Over my two-week vacation in July, I not only got to read, but I also got to spend much needed time with family. One of our favorite things to do is to visit historical sites-- museums, the homes of former presidents, sites of wars, etc. This time, we visited the Statue of Liberty and Ellis Island.
Wherever we visit, I always like to envision what the place was actually like during its hustle and bustle-- when it was at the peak of its existence, or when it was functioning at its busiest, most productive point in time.
At Ellis Island, I was meandering through the exhibits, looking into the faces of immigrants from years past and places I’ll probably never travel to, thinking about how writing-- even fiction-- preserves moments that would otherwise become lost and forgotten. Images preserve memory too, but writing preserves thought, which is probably the most accurate depiction of a time or place you can ever hope to uncover. As I looked at the images of children and families who slept on benches waiting to get the final pass to come to America…the pictures of immigrants staring into the camera, likely filled with either annoyance or pride as someone took a picture of them wearing their cultural dress... I wondered, “what were they thinking?”
Yes, speech holds its own form of power, but you can’t refer to it unless its preserved by way of transcript, audio, or the written word. Writing, for better or worse, is immortalized. Contracts are what you come back to when the spoken word cannot be trusted. A signature is still worth more than a thousand words. Words just sound and feel more sacred when they’ve been written and can be read.
I’ve been reading (for forever it seems) The Art of Power about Thomas Jefferson by the author Jon Meacham.
Here’s a random passage:
“For Thomas Jefferson, politics were ubiquitous. They were the air he breathed. ‘May we outlive our enemies,’ Jefferson once wrote in a private note to himself. On the same page of a memorandum book on which he noted that he had sent to London for summer clothes for his slave Jupiter and scarlet cloth for his own waistcoats, he added an aphorism: 'No liberty, no life.' ”

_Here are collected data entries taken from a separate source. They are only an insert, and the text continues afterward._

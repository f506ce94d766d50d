-- ===== src/AddrSpace/Protect.antt =====
-- `protect` of core/mmap/mmap.cpp as an operation on the pages.
use native.Mathlib.Omega.{arith}
use lfi_runtime.Prelude.{
  ℕ, ◌+◌, ◌≤◌, ◌<◌, ◌≡◌, refl, sym, ◌∙◌, Bool, true, false, ◌&&◌, Option, none, some, List, [], ◌∷◌,
  if◌then◌else◌, ltb, leb, Bool-cases, inl, inr,
}
use lfi_runtime.RangeMap
use lfi_runtime.RangeMap.{Entry}
use lfi_runtime.RangeMap.View.{value_at, Ordered, value_at-below}
use lfi_runtime.RangeMap.Carve.{value_at-remove}
use lfi_runtime.RangeMap.Change.{value_at-insert}
use lfi_runtime.RangeMap.Ranges.{get_overlapping-Overlapping}
use lfi_runtime.AddrSpace.{
  AddrSpace, MapInfo, Error, k_ok, k_inval, eq_info, larger, smaller, to_page, to_page_ceil,
  protect_entry, protect_loop, protect,
}
use lfi_runtime.AddrSpace.View.{IsSpace, page_info, eq_info_sound, in_pages}
use lfi_runtime.AddrSpace.Change.{refuses, with_regions}

abbrev pub with_prot : ℕ → Option MapInfo → Option MapInfo
with_prot prot none = none
with_prot prot (some info) = some (record info { prot = prot })

-- the value that a list of entries gives a key, with the new protection, or the one that it has
abbrev override : ℕ → Option MapInfo → Option MapInfo → Option MapInfo
override prot none old = old
override prot (some info) old = some (record info { prot = prot })

module _ (start stop prot : ℕ) where
  protect_entry-value_at :
      (e : Entry MapInfo) (m : List (Entry MapInfo)) (k : ℕ)
      → Ordered 0 m
      → Ordered 0 (protect_entry start stop prot e m)
        × (value_at k (protect_entry start stop prot e m) ≡ (
            if leb e.start k && ltb k e.stop && leb start k && ltb k stop
            then some (record (e.val) { prot = prot })
            else value_at k m))
  unfolding protect_entry
  protect_entry-value_at e m k o =
      let cs = larger e.start start in
      let ce = smaller e.stop stop in
      let info : MapInfo = record (e.val) { prot = prot } in
      let r = value_at-remove m cs ce k o in
      let i = value_at-insert eq_info eq_info_sound (RangeMap.remove cs ce m) cs ce k info r.0 in
      (i.0, i.1 ∙ ground (arith, r.1))

  protect_loop-value_at :
      (p k : ℕ) (es m : List (Entry MapInfo))
      → Ordered p es
      → Ordered 0 m
      → Ordered 0 (protect_loop start stop prot es m)
        × (value_at k (protect_loop start stop prot es m) ≡ (
            if leb start k && ltb k stop
            then override prot (value_at k es) (value_at k m)
            else value_at k m))
  unfolding protect_loop
  protect_loop-value_at p k [] m oe om = (om, ground arith)
  protect_loop-value_at p k (e ∷ es) m oe om =
      let one = protect_entry-value_at e m k om in
      let rest = protect_loop-value_at e.stop k es (protect_entry start stop prot e m) oe.2 one.0 in
      (rest.0, rest.1 ∙ rw one.1 (merge (value_at k es) (value_at-below k e.stop es)))
    where
      merge :
          (v : Option MapInfo)
          → (k < e.stop → Ordered e.stop es → v ≡ none)
          → (if leb start k && ltb k stop
              then override prot v (
                  if leb e.start k && ltb k e.stop && leb start k && ltb k stop
                  then some (record (e.val) { prot = prot })
                  else value_at k m)
              else (if leb e.start k && ltb k e.stop && leb start k && ltb k stop
                  then some (record (e.val) { prot = prot })
                  else value_at k m))
            ≡ (if leb start k && ltb k stop
                then override prot
                    (if leb e.start k && ltb k e.stop then some e.val else v)
                    (value_at k m)
                else value_at k m)
      merge none below = ground arith
      merge (some v) below = let above : e.stop ≤ k = ground (arith, below, oe) in ground arith

  override_same : (v : Option MapInfo) → override prot v v ≡ with_prot prot v
  override_same none = refl
  override_same (some v) = refl

  protect_loop-pages :
      (m : List (Entry MapInfo)) (page : ℕ)
      → Ordered 0 m
      → let m' = protect_loop start stop prot (RangeMap.get_overlapping start stop m) m in
        Ordered 0 m'
        × (value_at page m' ≡ (
            if leb start page && ltb page stop
            then with_prot prot (value_at page m)
            else value_at page m))
  protect_loop-pages m page h =
      let o = get_overlapping-Overlapping m start stop h in
      let r = protect_loop-value_at 0 page (RangeMap.get_overlapping start stop m) m o.ordered h in
      (
        r.0,
        r.1 ∙ elim (Bool-cases (leb start page && ltb page stop)) [
          | inl at ↦
              rw at
                (rw (o.same page (ground arith) (ground arith)) (override_same (value_at page m)))
          | inr out ↦ rw out refl
        ],
      )

was_mapped :
    (b : Bool) (prot : ℕ) (o : Option MapInfo) (info : MapInfo)
    → (if b then with_prot prot o else o) ≡ some info
    → (old : MapInfo) × (o ≡ some old)
was_mapped true prot none info e = absurd (ground arith)
was_mapped false prot none info e = absurd (ground arith)
was_mapped b prot (some old) info e = (old, refl)

-- The ends of `protect`.
pub data Protected (s : AddrSpace) (addr len prot : ℕ) : Error × AddrSpace → Type 0 where
  not_protected : refuses s addr len ≡ true → Protected s addr len prot (k_inval, s)
  protected :
      (m : List (Entry MapInfo))
      → refuses s addr len ≡ false
      → IsSpace (with_regions s m)
      → ((page : ℕ)
          → value_at page m ≡ (
              if in_pages (to_page s addr) (to_page_ceil s len) page
              then with_prot prot (page_info s page)
              else page_info s page))
      → Protected s addr len prot (k_ok, with_regions s m)

-- In an address space in order, `protect` refuses a range that is empty, unaligned or not inside the
-- space, and changes nothing; or it sets the protection of exactly the mapped pages of the range, and
-- changes nothing else of them or of other pages. The space stays in order.
pub protect-Protected :
    (s : AddrSpace) (addr len prot : ℕ)
    → IsSpace s
    → Protected s addr len prot (protect s addr len prot)
unfolding protect
protect-Protected s addr len prot h = elim (Bool-cases (refuses s addr len)) [
  | inl bad ↦ rw bad (not_protected bad)
  | inr good ↦
      let start = to_page s addr in
      let stop = to_page s addr + to_page_ceil s len in
      let now = λ (page : ℕ). protect_loop-pages start stop prot s.regions page h.ordered in
      rw good (
        protected
          (protect_loop start stop prot (RangeMap.get_overlapping start stop s.regions) s.regions)
          good
          (record {
            ordered = (now 0).0;
            inside = λ page info e.
                let (old, at) = was_mapped _ prot (page_info s page) info (sym (now page).1 ∙ e) in
                h.inside page old at;
            fits = h.fits;
          })
          (λ page. (now page).1))
]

I hope one day someone will publish the contents of my digital to-do lists, including “paint your toenails” and “buy groceries.” My quote will read less like “no liberty, no life,” and more like, “no Netflix, more boredom.” All jokes aside, without Jefferson’s written words, would we ever know the mundanity that is buying scarlet cloth for a waistcoat? Would we know the name Jupiter? Jefferson leaves behind a note he wrote hundreds of years ago, and now it's 2014 and I’m Googling his slave's name. I know Jupiter's wife’s name was-- IS-- Susan. His life becomes relevant again.
You can have children, Instagram your dinner, or do any number of things that lets people know you EXIST and that you were here, but there is still no better way to set aside your moment in time than to write about it. Talk is cheap. The written word is priceless.